At noon meal, a brief rest was called, and
Kammeryn took the opportunity to call Efraim aside and speak with
him at length. Other tribe members left the two alone.

"Kammeryn wants to be sure that Efraim will
fit in with the tribe," Mander explained to Rowan.

"He'll certainly have to give up some of his
unusual habits," she commented.

"I don't think that will be a problem," the
healer said, although his face showed less certainty than his
words. "He seems stolid on the outside, but I think he's a lot more
flexible than he seems." As they watched, the discussion ended, and
Kammeryn, on departing, reminded one of Chess's assistants that
Efraim had not been served yet. The woman nodded and took care of
the matter; Efraim watched her askance as she approached, and
stared after her, clearly astounded, as she left.

"He's still uncomfortable among women," the
steerswoman noted. Mander raised his brows. "He's not used to being
with them all day, every day. His people keep their women
apart."

"I wonder why?"

The healer made a disgruntled sound. "Safety,
if you want to look at it that way. They can't risk their women in
battle." He tapped his knee as he organized his thoughts. "I've
been talking to him. From what he says, the average Face People
woman becomes pregnant the same year her cycles first begin, is
pregnant every year after that, and dies before she's twenty, in
childbirth or miscarriage."

Rowan was shocked, then cursed under her
breath. "Gods below, that's no way to live . . ."

"Most of the pregnancies end with
miscarriage," Mander continued. "Most of the children born die in
their first year. They need about five live births to get one
surviving child. So it's keep the women alive, safe, or risk the
tribe. They chose the tribe."

With these facts as given, the Face People's
ways were merely a solution to the problem of survival. But the
steerswoman struggled in an internal battle between recognition of
necessity, and disgust. "Why so many miscarriages, and dying
infants? Are the mothers ill?"

Mander indicated the Face Person with a jerk
of his chin. "Take a look at our friend, there."

Rowan studied Efraim. With Mander beside her,
she could not help but compare him to the Face Person.

Mander was tall and hale; Efraim, stunted and
wizened. Mander was lean and smooth-muscled; Efraim's muscles stood
in cords and knots directly beneath his skin. If not for his
missing arm, Mander, at thirty-eight years of age, might have
nearly fifteen years as a warrior ahead of him. Efraim, at
twenty-two, looked to have less than ten.

"Now imagine a woman in the same state,"
Mander said, "and imagine her giving birth. Efraim has had a hard
life, in bad conditions, and starting before he was born."

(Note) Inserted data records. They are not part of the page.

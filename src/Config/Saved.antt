-- ===== src/Config/Saved.antt =====
-- What `saveConfig` of utils/config/index.js keeps for the next run of the tool.
use rainbow_bridge_cli.Base.{
  String, true, false, some, [], ◌∷◌, if◌then◌else◌, ◌≡◌, refl, ◌===◌, eq_iff, ◌∙◌, sym, Bool-cases,
  inl, inr,
}
use rainbow_bridge_cli.Base.Dict
use rainbow_bridge_cli.Base.Dict.{Dict}
use rainbow_bridge_cli.Config.{
  OptionValue, Param, RainbowConfig, Configstore, ChangeCase, maybe_get_param, save_config,
  write_params,
}

-- The keys of the file that two parameters have, differ.
unfoldable pub Apart : (String → String) → String → Dict Param → Type 0
Apart key name [] = Unit
Apart key name ((other, p) ∷ d) = ((key other === key name) ≡ false) × Apart key name d

unfoldable pub Distinct : (String → String) → Dict Param → Type 0
Distinct key [] = Unit
Distinct key ((name, p) ∷ d) = Apart key name d × Distinct key d

-- What the package's documentation promises of a key that is set to a defined value.
pub record KeepsEntries {S : Type 0} (store : Configstore S) : Type 0 where
  pub get_set :
      (k j : String) (v : OptionValue) (s : S)
      → store.get j (store.set k (some v) s) ≡ (if k === j then some v else store.get j s)
  pub has_set :
      (k j : String) (v : OptionValue) (s : S)
      → store.has j (store.set k (some v) s) ≡ (if k === j then true else store.has j s)

unfoldable pub Defined : Dict Param → Type 0
Defined [] = Unit
Defined ((name, p) ∷ d) = ((v : OptionValue) × (p.value ≡ some v)) × Defined d

-- The next run of the tool: nothing processed yet.
unfoldable pub restart : {S : Type 0} → RainbowConfig S → RainbowConfig S
restart c = record c { param_values = [] }

missing : (name : String) (p : Param) → Dict.lookup name [] ≡ some p → ⊥
unfolding Dict.lookup
missing name p h = cc

value_of : (q p : Param) (v : OptionValue) → some q ≡ some p → p.value ≡ some v → q.value ≡ some v
value_of q p v h e = let same : q ≡ p = cc in rw same e

module _ {S : Type 0} (store : Configstore S) (cases : ChangeCase) (laws : KeepsEntries store) where
  write_params-other :
      (name : String) (d : Dict Param) (s : S)
      → Apart cases.camel_case name d
      → Defined d
      → (store.get (cases.camel_case name) (write_params store cases d s)
          ≡ store.get (cases.camel_case name) s)
        × (store.has (cases.camel_case name) (write_params store cases d s)
            ≡ store.has (cases.camel_case name) s)
  unfolding write_params Apart Defined
  write_params-other name [] s a d = (refl, refl)
  write_params-other name ((other, p) ∷ rest) s (a, apart) ((v, e), d) =
      let w = write_params-other name rest (store.set (cases.camel_case other) p.value s) apart d in
      (
        w.0 ∙ rw e (laws.get_set (cases.camel_case other) (cases.camel_case name) v s ∙ rw a),
        w.1 ∙ rw e (laws.has_set (cases.camel_case other) (cases.camel_case name) v s ∙ rw a),
      )

  own_head :
      (name : String) (v : OptionValue) (other : String) (q : Param) (rest : Dict Param) (s : S)
      → Apart cases.camel_case other rest
      → Defined rest
      → other ≡ name
      → q.value ≡ some v
      → (store.get
            (cases.camel_case name)
            (write_params store cases rest (store.set (cases.camel_case other) q.value s))
          ≡ some v)
        × (store.has
              (cases.camel_case name)
              (write_params store cases rest (store.set (cases.camel_case other) q.value s))
            ≡ true)
  own_head name v other q rest s apart d same e =
      let key = cases.camel_case name in
      let w =
        write_params-other other rest (store.set (cases.camel_case other) q.value s) apart d in
      rw (← same) (
        w.0
            ∙ rw e (
                laws.get_set (cases.camel_case other) (cases.camel_case other) v s
                ∙ rw ((eq_iff (cases.camel_case other) (cases.camel_case other)).1 refl)),
        w.1
            ∙ rw e (
                laws.has_set (cases.camel_case other) (cases.camel_case other) v s
                ∙ rw ((eq_iff (cases.camel_case other) (cases.camel_case other)).1 refl)),
      )

  write_params-own :
      (name : String) (v : OptionValue) (p : Param) (d : Dict Param) (s : S)
      → Distinct cases.camel_case d
      → Defined d
      → p.value ≡ some v
      → Dict.lookup name d ≡ some p
      → (store.get (cases.camel_case name) (write_params store cases d s) ≡ some v)
        × (store.has (cases.camel_case name) (write_params store cases d s) ≡ true)
  unfolding write_params Distinct Defined
  write_params-own name v p [] s x y e h = absurd (missing name p h)
  write_params-own name v p ((other, q) ∷ rest) s (apart, x) (yq, y) e h =
      elim (Bool-cases (other === name)) [
        | inl same ↦
            own_head name v other q rest s apart y ((eq_iff other name).0 same)
              (value_of q p v (rw (Dict.lookup-cons name other q rest, same) at h) e)
        | inr differ ↦
            write_params-own name v p rest _ x y e
              (rw (Dict.lookup-cons name other q rest, differ) at h)
      ]

  -- If every processed parameter has a defined value and no two of them have the same key in the
  -- file, then the next run reads the value of each of them that this run has saved: whether it came
  -- from an argument, a default, the file or, against the documentation, an environment variable, and
  -- whether or not it is declared to stay out of the file.
  pub restart-save_config :
      (name : String) (p : Param) (v : OptionValue) (c : RainbowConfig S)
      → Distinct cases.camel_case c.param_values
      → Defined c.param_values
      → Dict.lookup name c.param_values ≡ some p
      → p.value ≡ some v
      → maybe_get_param store cases name (restart (save_config store cases c))
        ≡ maybe_get_param store cases name c
  unfolding maybe_get_param restart save_config Dict.lookup
  restart-save_config name p v c x y h e =
      let w = write_params-own name v p c.param_values c.config_file x y e h in
      rw (w.1, w.0, h) (sym e)
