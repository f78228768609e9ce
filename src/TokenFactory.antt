-- ===== src/TokenFactory.antt =====
-- The token factory on NEAR: testing/transfer-eth-erc20/deploy-token.js deploys a token, and
-- cli/init/near-token-factory.js the factory with its first token. The node, the contract and the
-- keys of near-api-js are parameters.
pub mod Deployed
use rainbow_bridge_cli.Base.{
  ℕ, Bool, String, ◌<>◌, ◌===◌, starts_with, Option, some, [], ◌∷◌, List, if◌then◌else◌,
}
use Prim.Native.String.{slice, len}
use rainbow_bridge_cli.Base.Io.{
  Outcome, Reply, Io, pure, process_exit, call, catch, lift, ◌>>=◌, ◌>>◌,
}
use rainbow_bridge_cli.Base.Io.Within.{Part, within}
use rainbow_bridge_cli.Accounts.{AccountEvent, NearAccounts, verify_account, maybe_create_account}

pub data FactoryEvent : Type 0 where
  account : AccountEvent → FactoryEvent
  -- `new` of the factory: the prover's account and the locker's address
  new_factory : String → String → FactoryEvent
  deploy_bridge_token : String → FactoryEvent

abbrev pub Trace : Type 0
Trace = List FactoryEvent

abbrev account_of : FactoryEvent → Option AccountEvent
account_of (account e) = some e
account_of _ = Option.none

abbrev pub account_part : Part AccountEvent FactoryEvent
account_part = record { embed = account; project = account_of }

pub record World : Type 0 where
  pub accounts : NearAccounts
  -- the public key of KeyPair.fromString
  pub key_pair : String → Outcome String
  pub new_factory : String → String → Trace → Reply (Unit {0})
  pub deploy_bridge_token : String → Trace → Reply (Unit {0})

-- The arguments of DeployToken.execute. A key that is not specified is "".
pub record TokenArgs : Type 0 where
  pub token_name : String
  pub eth_token_address : String
  pub near_master_account : String
  pub near_master_sk : String
  pub near_token_factory_account : String
  pub near_token_factory_sk : String

pub record TokenInfo : Type 0 where
  pub near_token_factory_sk : String
  pub near_token_account : String
  pub eth_token_address : String

-- What InitNearTokenFactory.execute returns.
pub record FactoryInfo : Type 0 where
  pub near_erc20_account : String
  pub eth_erc20_address : String
  pub near_token_factory_sk : String

-- The arguments of InitNearTokenFactory.execute
pub record FactoryArgs : Type 0 where
  pub near_master_account : String
  pub near_master_sk : String
  pub near_token_factory_account : String
  pub near_token_factory_sk : String
  pub near_token_factory_init_balance : ℕ
  pub near_prover_account : String
  pub eth_locker_address : String
  pub eth_erc20_address : String

-- remove0x
unfoldable pub remove_0x : String → String
remove_0x value = if starts_with value "0x" then slice value 2 (len value) else value

-- The key of the factory, or the master's.
abbrev pub or_master : String → String → String
or_master sk master = if sk === "" then master else sk

abbrev pub token_info : TokenArgs → TokenInfo
token_info a = record {
  near_token_factory_sk = or_master a.near_token_factory_sk a.near_master_sk;
  near_token_account = remove_0x a.eth_token_address <> ("." <> a.near_token_factory_account);
  eth_token_address = a.eth_token_address;
}

-- The arguments with which the factory's command deploys its token.
abbrev pub first_token : FactoryArgs → TokenArgs
first_token a = record {
  token_name = "erc20";
  eth_token_address = a.eth_erc20_address;
  near_master_account = a.near_master_account;
  near_master_sk = a.near_master_sk;
  near_token_factory_account = a.near_token_factory_account;
  near_token_factory_sk = or_master a.near_token_factory_sk a.near_master_sk;
}

-- The token's account and address under the names of the bridge's first token.
abbrev pub factory_info : TokenInfo → FactoryInfo
factory_info info = record {
  near_erc20_account = info.near_token_account;
  eth_erc20_address = info.eth_token_address;
  near_token_factory_sk = info.near_token_factory_sk;
}

module _ (w : World) where
  abbrev pub verify : String → Io FactoryEvent Bool
  verify id = within account_part (verify_account w.accounts id)

  -- The call that adds a token.
  abbrev pub add_token : String → Io FactoryEvent (Unit {0})
  add_token address =
      catch (call (deploy_bridge_token address) (w.deploy_bridge_token address))
        (λ e. process_exit 1)

  abbrev pub read_keys : String → String → Io FactoryEvent String
  read_keys master sk = lift (w.key_pair master) >> lift (w.key_pair sk)

  -- DeployToken.execute
  unfoldable pub deploy_token : TokenArgs → Io FactoryEvent TokenInfo
  deploy_token a =
      (((read_keys a.near_master_sk (or_master a.near_token_factory_sk a.near_master_sk)
            >> verify a.near_master_account)
          >> verify a.near_token_factory_account)
        >> add_token (remove_0x a.eth_token_address))
      >> pure (token_info a)

  -- The account of the factory with its contract.
  abbrev pub create_factory : FactoryArgs → String → Io FactoryEvent (Unit {0})
  create_factory a pk =
      verify a.near_master_account
      >> within account_part (
          maybe_create_account w.accounts a.near_token_factory_account pk
            a.near_token_factory_init_balance)

  abbrev pub initialize_factory : FactoryArgs → Io FactoryEvent (Unit {0})
  initialize_factory a =
      catch
        (call (new_factory a.near_prover_account (remove_0x a.eth_locker_address))
          (w.new_factory a.near_prover_account (remove_0x a.eth_locker_address)))
        (λ e. process_exit 1)

  abbrev pub prepare_factory : FactoryArgs → String → Io FactoryEvent (Unit {0})
  prepare_factory a pk = lift (w.key_pair a.near_master_sk) >> create_factory a pk

  -- InitNearTokenFactory.execute
  unfoldable pub init_near_token_factory : FactoryArgs → Io FactoryEvent FactoryInfo
  init_near_token_factory a =
      ((lift (w.key_pair (or_master a.near_token_factory_sk a.near_master_sk))
          >>= prepare_factory a)
        >> initialize_factory a)
      >> deploy_token (first_token a)
      >>= λ info. pure (factory_info info)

"The famine did this?" Rowan asked.

Mander shook his head. "Famine makes it
worse. But his people have lived like this forever. Under the best
circumstances, the Face is a terrible place to live."

"But how dreadful can it be, at the edge of
the Outskirts?" the steerswoman asked; but Efraim's very body and
spirit provided her answer. Efraim sat quietly watching the world
about him, with the infinite patience and absolute physical
alertness of a wild animal, waiting for danger to appear.

"Have you ever walked through a large stand
of blackgrass," Mander asked her, "with it brushing against your
skin the whole while?"

"No . . ."

Mander held up the back of his own hand, as
if showing how it had once happened to him. "The skin gets red. If
you wash it off, it's no problem, but there's an irritant in
blackgrass. Get enough of it, and it's a poison. A little of it,
every day, across your life, and it does a slow damage."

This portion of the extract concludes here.